The foamed PVC plate was treated by atmospheric plasma at a processing speed of 60 mm / s, a power of 600 W, and a height of 5 mm. The surface contact angle of the foamed PVC plate before and after atmospheric plasma treatment is shown in Fig. 1. The contact angle decreased from 120o to 12.4o, a decrease of 89.6 %. Fig. 1a shows the surface water contact angle of the foamed PVC plate before atmospheric plasma treatment. Fig. 1b shows that the surface of the foamed PVC plate was hydrophobic before atmospheric plasma treatment. After atmospheric plasma treatment, the surface contact angle of the foamed PVC plate decreased significantly, from obtuse angle to acute angle. From hydrophobic surface to hydrophilic surface.

Fig.1 Surface contact angle of foamed PVC plate before and after atmospheric plasma treatment

Effect of atmospheric plasma treatment on surface morphology and chemical composition of foamed PVC sheet

The foamed PVC board is made of PVC and other additives, and its main component is polyvinyl chloride ( PVC ). The chemical structure of PVC is shown in Figure 2.

Fig.2 Chemical structure of PVC

( 1 ) Field emission scanning electron microscope analysis

After atmospheric plasma treatment and treatment at a treatment power of 600 W and a treatment speed of 60 mm / s, the electron microscopy images at different heights were significantly different. Therefore, the foamed PVC plates treated at different heights were selected for analysis. The surface microstructure of the foamed PVC plates treated by atmospheric plasma at the treatment heights of 5 mm, 10 mm and 15 mm is shown in Fig. 3 a, b, c, d. It can be seen that the effect of atmospheric plasma treatment is obvious. The surface of the untreated foamed PVC plate is relatively flat, and the surface of the treated foamed PVC plate is rough. There are many messy gullies. The increase of the treatment height makes the gully shallower and less, the wettability decreases, and the contact angle increases, which is in line with the results of the contact angle test. It shows that after atmospheric plasma treatment, the roughness of the surface of the foamed PVC plate increases, the area of the glue nail of the foamed PVC plate and the glue increases, and the bonding performance of the foamed PVC plate and the veneer is greatly improved.

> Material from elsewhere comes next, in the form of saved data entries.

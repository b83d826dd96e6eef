-- ===== src/Server/Lock/Exclusion.antt =====
-- Who is inside the lock together.
use sis_op_ii.Common.{ℕ, ◌≡◌, ◌≢◌, ap, some, arith, get_elem?}
use sis_op_ii.Server.Lock.{Phase, System, Reaches}
use sis_op_ii.Server.Lock.Count.{reads, writes, total-one, total-two}
use sis_op_ii.Server.Lock.Moves.{bit-le, Reaches-IsSafe}

-- In every state that any number of threads reaches by taking and releasing the readers-writer
-- lock in any order, while one thread is between writer_lock and writer_unlock, no other thread is
-- there or between reader_lock and reader_unlock.
pub Reaches-exclusive :
    (n : ℕ) (s : System) (i j : ℕ) (other : Phase)
    → Reaches n s
    → get_elem? s.threads i ≡ some Phase.writing
    → get_elem? s.threads j ≡ some other
    → i ≢ j
    → (other ≢ Phase.reading) × (other ≢ Phase.writing)
Reaches-exclusive n s i j other reached writer someone ne =
    let h = Reaches-IsSafe n s reached in
    let one = total-one writes i Phase.writing s.threads writer in
    let two = total-two writes i j Phase.writing other s.threads writer someone ne in
    let reader = total-one reads j other s.threads someone in
    let small = bit-le s.lock.writer_active in
    (
      λ is_reading. ground (arith, h.apart, one, reader, ap reads is_reading),
      λ is_writing. omega (arith, two, small, h.active, ap writes is_writing),
    )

Fig.3 Note : a, b, c and d are the surface scanning electron micrographs of foamed PVC sheet 

without atmospheric plasma treatment and after atmospheric plasma treatment 

at heights of 5 mm, 10 mm and 15 mm, respectively.

( 2 ) Fourier transform infrared spectroscopy analysis

Fig.4 shows the FTIR spectra of PVC before and after atmospheric plasma treatment. The treatment conditions of atmospheric plasma are as follows : treatment power 600W, treatment speed 60mm / s, and treatment height 10mm. It can be seen that there are several obvious characteristic peaks on the surface of the foamed PVC plate. The stretching vibration of C-H is near the wavelength of 2918cm − 1 and 2850cm − 1, and the stretching vibration of C-Cl is near the wavelength of 715cm − 1.There are two peaks at the wavelength of 1709 ~ 1821cm − 1, indicating the presence of C = O double bond. This group should not be present in the material composition. The foamed PVC plate used in the experiment is a plate made of PVC masterbatch as the main raw material. Some additives will be added in the production, which should be the groups in the additives added in the PVC production. It can be seen from the figure that the characteristic peaks of the infrared spectrum of the surface of the foamed PVC plate before and after atmospheric plasma treatment do not change significantly, indicating that the types of functional groups on the surface of the foamed PVC plate after atmospheric plasma treatment do not change.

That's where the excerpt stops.